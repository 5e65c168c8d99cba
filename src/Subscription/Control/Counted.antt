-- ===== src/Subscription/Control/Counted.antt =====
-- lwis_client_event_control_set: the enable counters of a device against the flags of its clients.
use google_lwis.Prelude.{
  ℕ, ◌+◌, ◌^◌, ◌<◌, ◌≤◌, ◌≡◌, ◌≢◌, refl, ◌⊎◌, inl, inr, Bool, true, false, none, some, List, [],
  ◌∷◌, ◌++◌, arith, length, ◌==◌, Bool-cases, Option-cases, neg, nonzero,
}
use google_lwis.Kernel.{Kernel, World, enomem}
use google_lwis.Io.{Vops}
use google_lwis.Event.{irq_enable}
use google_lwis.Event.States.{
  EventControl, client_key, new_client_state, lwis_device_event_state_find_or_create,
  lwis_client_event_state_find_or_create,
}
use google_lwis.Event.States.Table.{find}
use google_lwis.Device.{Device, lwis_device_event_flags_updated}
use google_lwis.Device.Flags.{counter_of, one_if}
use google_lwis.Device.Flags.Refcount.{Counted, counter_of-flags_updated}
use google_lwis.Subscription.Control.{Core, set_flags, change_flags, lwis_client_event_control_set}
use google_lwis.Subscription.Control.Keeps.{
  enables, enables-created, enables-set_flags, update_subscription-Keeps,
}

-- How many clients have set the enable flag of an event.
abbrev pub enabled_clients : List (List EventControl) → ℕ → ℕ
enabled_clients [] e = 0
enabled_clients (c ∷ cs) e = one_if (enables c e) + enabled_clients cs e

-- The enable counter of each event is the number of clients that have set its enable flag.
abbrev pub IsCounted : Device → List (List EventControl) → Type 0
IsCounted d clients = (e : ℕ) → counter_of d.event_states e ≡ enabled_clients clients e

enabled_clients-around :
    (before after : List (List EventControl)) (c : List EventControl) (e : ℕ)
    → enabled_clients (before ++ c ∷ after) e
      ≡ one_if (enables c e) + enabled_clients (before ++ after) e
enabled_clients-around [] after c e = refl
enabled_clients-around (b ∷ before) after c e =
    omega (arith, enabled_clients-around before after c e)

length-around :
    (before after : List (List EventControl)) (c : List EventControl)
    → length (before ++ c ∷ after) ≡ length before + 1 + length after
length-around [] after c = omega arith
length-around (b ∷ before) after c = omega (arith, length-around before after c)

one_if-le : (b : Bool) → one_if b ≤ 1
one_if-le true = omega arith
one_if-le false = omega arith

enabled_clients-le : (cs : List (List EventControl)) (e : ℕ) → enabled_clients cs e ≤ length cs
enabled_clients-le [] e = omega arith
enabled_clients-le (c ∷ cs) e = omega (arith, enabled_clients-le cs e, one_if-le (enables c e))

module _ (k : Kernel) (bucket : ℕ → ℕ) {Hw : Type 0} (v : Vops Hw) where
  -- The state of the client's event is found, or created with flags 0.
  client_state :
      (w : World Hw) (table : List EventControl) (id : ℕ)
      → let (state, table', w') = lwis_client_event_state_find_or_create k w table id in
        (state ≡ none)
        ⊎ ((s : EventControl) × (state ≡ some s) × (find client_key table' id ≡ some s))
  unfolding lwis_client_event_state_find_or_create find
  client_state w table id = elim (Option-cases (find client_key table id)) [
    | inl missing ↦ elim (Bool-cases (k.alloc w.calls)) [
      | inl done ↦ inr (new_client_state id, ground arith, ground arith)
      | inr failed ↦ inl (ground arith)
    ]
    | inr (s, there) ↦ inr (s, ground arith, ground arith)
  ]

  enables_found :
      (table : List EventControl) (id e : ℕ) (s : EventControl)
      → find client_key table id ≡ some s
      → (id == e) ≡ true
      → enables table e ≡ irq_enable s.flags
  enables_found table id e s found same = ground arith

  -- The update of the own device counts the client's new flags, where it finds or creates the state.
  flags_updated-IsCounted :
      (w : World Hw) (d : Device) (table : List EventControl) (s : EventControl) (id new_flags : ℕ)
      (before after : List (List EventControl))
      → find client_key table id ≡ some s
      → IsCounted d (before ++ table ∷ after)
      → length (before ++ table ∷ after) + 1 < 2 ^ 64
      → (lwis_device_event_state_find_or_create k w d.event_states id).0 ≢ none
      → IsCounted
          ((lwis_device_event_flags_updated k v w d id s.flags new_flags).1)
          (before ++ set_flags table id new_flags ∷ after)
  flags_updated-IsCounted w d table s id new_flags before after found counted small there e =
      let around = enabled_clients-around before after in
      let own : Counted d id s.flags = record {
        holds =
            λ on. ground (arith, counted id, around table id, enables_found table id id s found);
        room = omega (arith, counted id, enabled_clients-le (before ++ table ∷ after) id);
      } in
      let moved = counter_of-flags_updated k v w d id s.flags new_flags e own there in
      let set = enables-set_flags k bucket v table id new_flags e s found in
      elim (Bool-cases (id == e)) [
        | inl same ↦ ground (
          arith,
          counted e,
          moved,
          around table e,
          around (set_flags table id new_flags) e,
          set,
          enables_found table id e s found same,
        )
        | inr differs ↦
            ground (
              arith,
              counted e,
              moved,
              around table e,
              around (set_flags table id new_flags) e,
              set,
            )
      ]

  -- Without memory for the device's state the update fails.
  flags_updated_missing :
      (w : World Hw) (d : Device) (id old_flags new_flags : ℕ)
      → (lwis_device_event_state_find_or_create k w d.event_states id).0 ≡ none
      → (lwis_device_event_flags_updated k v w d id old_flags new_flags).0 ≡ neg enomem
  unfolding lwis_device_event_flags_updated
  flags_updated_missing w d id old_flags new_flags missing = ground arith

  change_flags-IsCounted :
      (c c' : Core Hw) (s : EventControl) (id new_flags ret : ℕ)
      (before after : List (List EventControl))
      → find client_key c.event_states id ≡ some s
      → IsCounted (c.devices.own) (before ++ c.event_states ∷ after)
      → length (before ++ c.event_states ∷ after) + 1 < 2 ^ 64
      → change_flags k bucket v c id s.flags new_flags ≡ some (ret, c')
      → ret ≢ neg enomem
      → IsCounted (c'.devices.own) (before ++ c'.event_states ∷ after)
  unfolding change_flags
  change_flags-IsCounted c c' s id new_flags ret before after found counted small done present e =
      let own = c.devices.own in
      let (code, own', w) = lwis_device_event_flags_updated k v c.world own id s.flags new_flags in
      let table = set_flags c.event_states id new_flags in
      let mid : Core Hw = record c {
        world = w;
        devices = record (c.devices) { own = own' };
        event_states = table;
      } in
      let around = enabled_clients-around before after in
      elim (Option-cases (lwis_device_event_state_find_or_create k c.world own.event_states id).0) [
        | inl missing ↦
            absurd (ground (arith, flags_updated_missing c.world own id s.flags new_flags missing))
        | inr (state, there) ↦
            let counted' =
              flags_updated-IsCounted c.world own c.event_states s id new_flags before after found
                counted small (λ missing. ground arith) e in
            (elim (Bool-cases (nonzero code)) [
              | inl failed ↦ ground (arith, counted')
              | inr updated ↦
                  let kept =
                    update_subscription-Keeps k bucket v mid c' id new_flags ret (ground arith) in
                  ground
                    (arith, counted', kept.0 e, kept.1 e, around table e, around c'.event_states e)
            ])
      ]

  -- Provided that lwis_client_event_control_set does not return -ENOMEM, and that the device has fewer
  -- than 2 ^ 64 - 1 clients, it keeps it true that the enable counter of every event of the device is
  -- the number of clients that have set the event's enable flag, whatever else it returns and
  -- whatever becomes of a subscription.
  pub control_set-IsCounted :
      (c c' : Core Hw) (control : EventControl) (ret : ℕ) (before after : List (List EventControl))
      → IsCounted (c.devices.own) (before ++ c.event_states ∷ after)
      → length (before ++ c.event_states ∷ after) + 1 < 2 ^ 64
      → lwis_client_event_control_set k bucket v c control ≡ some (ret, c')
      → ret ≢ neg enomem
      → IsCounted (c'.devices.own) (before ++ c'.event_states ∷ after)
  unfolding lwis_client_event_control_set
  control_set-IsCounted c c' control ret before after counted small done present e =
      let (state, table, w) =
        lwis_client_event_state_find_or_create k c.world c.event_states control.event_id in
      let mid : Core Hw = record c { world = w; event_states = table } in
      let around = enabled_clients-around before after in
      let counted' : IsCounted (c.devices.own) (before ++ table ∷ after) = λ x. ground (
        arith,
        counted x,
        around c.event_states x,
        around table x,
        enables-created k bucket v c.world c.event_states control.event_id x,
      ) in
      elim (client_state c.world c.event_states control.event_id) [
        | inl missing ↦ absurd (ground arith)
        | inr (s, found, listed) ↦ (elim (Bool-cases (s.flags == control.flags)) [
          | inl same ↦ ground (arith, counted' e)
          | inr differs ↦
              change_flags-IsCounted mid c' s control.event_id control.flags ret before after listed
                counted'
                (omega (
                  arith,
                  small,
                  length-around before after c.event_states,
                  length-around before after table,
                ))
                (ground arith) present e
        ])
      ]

...

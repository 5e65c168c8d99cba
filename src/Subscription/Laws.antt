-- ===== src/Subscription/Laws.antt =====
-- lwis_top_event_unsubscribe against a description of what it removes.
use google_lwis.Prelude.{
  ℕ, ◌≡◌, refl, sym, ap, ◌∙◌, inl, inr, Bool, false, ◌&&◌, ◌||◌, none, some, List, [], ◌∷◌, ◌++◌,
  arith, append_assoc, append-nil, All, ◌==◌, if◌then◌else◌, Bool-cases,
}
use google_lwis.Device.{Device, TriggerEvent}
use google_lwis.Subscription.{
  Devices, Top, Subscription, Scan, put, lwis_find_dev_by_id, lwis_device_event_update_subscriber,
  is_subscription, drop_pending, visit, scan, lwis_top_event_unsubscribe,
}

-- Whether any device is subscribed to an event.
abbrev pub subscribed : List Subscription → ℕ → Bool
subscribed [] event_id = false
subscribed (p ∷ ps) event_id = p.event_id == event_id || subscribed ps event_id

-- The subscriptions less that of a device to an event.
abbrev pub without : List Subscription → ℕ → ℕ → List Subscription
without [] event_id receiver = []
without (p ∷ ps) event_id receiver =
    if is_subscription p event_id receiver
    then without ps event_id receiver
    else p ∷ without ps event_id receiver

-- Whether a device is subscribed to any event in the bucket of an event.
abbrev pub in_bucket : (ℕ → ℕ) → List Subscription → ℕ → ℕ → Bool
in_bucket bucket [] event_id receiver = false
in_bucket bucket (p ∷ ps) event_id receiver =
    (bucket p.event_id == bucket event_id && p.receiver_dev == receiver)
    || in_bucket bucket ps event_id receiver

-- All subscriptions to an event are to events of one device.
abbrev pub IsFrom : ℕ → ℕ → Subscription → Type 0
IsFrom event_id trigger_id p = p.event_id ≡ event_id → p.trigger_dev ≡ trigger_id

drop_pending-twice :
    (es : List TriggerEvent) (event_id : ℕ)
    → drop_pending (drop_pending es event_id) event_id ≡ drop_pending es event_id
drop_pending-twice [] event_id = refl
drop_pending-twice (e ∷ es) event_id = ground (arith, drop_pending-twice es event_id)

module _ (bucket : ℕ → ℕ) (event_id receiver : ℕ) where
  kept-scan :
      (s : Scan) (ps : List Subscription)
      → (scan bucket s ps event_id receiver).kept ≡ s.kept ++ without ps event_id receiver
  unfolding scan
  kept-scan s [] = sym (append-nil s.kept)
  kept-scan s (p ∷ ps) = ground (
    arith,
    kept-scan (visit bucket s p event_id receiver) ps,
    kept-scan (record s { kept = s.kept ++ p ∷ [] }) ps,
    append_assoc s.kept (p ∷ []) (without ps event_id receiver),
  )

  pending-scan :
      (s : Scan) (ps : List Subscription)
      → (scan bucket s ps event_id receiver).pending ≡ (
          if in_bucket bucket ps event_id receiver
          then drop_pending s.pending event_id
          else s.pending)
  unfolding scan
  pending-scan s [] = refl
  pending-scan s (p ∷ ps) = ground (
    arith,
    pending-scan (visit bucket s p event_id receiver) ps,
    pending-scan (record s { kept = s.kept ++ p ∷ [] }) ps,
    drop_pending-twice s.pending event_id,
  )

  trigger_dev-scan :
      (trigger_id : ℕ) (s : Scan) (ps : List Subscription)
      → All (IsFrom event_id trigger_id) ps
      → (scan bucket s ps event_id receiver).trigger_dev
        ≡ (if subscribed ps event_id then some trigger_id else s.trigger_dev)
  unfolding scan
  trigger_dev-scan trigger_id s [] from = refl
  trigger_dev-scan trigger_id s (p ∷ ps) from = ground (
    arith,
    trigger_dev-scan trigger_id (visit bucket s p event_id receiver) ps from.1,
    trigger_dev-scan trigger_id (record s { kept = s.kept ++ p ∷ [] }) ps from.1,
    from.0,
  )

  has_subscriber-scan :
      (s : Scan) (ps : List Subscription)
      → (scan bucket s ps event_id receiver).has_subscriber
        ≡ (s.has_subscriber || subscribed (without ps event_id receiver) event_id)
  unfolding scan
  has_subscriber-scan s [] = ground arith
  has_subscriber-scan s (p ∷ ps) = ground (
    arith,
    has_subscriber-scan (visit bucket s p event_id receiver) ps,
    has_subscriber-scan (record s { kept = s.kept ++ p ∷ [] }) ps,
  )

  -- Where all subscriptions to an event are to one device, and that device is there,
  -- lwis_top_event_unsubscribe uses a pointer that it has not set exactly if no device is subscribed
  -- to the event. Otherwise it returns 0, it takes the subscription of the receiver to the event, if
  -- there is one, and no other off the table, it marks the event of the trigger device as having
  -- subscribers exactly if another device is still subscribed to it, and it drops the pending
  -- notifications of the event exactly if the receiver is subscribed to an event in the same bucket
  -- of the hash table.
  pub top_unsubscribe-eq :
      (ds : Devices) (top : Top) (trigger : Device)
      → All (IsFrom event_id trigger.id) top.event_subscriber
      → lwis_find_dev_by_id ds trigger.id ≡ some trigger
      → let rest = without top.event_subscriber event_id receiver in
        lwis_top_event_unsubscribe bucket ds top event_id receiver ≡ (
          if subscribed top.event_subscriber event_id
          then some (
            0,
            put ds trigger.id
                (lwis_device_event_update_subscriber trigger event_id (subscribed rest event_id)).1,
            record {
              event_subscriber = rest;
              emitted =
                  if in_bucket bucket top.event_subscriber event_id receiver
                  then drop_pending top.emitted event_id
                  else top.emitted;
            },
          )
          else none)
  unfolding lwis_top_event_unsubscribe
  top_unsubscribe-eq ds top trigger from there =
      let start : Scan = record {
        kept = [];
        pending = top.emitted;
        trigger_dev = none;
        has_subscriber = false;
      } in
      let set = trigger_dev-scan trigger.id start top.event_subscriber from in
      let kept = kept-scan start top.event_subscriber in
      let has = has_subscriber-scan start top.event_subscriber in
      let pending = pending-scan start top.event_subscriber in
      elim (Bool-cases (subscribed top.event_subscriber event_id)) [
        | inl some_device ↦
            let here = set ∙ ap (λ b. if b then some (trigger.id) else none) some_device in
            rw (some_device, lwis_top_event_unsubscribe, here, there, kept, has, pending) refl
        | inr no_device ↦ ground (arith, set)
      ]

...

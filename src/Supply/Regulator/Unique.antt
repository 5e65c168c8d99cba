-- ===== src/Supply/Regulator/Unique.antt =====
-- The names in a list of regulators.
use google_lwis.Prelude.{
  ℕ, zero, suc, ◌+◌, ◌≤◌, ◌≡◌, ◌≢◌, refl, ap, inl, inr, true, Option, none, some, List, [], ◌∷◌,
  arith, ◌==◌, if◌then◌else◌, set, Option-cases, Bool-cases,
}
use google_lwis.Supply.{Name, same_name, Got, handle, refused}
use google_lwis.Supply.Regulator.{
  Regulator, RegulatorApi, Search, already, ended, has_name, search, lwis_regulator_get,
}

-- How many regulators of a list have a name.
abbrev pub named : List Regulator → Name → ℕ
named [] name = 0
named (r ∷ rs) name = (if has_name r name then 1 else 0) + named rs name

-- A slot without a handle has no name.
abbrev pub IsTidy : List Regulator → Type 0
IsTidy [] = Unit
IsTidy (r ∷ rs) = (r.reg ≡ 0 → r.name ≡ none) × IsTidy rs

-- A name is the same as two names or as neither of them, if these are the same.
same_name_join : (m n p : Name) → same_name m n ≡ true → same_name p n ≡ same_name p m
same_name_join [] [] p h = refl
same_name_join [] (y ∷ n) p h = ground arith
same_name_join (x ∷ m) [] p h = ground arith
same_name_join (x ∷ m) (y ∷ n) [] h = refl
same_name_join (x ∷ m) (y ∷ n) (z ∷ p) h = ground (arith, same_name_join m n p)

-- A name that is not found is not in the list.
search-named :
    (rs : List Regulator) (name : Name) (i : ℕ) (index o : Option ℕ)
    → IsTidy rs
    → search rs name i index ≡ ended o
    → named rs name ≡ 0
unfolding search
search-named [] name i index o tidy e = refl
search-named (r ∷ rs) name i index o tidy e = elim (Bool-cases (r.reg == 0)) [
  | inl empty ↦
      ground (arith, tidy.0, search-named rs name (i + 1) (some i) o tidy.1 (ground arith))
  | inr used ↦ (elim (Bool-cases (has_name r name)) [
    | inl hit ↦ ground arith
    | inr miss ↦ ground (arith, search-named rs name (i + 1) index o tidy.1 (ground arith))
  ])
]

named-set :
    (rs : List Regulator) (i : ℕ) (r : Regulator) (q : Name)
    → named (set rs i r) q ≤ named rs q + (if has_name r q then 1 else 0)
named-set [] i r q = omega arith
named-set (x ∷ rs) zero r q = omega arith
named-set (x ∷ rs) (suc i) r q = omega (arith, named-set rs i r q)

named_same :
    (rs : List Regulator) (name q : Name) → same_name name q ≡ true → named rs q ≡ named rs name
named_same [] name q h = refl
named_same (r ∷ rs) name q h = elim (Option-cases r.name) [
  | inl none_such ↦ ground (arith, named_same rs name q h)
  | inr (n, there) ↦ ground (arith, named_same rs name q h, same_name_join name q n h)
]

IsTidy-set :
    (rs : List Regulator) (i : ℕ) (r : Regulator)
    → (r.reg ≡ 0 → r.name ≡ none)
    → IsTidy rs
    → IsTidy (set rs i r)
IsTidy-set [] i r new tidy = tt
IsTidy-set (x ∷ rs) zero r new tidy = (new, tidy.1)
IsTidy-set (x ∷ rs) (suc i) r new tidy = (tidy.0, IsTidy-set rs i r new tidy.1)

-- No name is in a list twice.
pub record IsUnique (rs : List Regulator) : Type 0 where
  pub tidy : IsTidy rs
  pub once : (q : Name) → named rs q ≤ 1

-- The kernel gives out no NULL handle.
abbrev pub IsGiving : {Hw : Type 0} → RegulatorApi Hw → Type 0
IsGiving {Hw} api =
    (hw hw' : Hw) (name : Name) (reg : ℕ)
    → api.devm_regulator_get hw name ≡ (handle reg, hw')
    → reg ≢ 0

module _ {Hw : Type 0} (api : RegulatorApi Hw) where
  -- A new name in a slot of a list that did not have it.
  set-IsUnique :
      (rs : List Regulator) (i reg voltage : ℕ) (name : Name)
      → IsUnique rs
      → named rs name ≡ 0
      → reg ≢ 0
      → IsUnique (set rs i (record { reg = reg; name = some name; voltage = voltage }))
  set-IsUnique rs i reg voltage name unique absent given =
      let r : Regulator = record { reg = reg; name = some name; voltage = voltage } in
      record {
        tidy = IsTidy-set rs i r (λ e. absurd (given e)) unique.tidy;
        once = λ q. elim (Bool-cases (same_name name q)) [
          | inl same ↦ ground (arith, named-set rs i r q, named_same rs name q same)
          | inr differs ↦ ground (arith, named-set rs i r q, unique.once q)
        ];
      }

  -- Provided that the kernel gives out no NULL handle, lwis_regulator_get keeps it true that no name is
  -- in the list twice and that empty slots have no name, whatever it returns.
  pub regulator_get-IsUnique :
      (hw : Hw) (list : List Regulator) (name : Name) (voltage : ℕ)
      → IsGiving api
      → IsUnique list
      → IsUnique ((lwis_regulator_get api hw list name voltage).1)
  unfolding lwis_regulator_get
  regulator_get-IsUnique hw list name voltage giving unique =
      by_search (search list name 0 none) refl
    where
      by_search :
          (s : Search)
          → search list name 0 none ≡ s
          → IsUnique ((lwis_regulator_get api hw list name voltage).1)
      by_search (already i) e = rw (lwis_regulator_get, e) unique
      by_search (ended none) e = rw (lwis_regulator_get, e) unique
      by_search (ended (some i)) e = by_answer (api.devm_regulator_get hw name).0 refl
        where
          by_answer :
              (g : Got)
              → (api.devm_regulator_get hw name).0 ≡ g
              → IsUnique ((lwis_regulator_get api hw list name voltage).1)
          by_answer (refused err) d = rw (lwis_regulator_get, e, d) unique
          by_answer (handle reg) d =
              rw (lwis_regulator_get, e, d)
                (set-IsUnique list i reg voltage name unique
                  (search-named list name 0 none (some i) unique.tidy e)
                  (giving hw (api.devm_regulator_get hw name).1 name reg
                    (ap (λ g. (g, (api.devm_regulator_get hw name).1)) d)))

ABOUT THIS EXERCISE -> Keep only those lines of the records that hold "Supply", and return them.

TASK RESPONSE ->
filename src/Supply/Regulator/Unique.antt
-- ===== src/Supply/Regulator/Unique.antt =====
use google_lwis.Supply.{Name, same_name, Got, handle, refused}
use google_lwis.Supply.Regulator.{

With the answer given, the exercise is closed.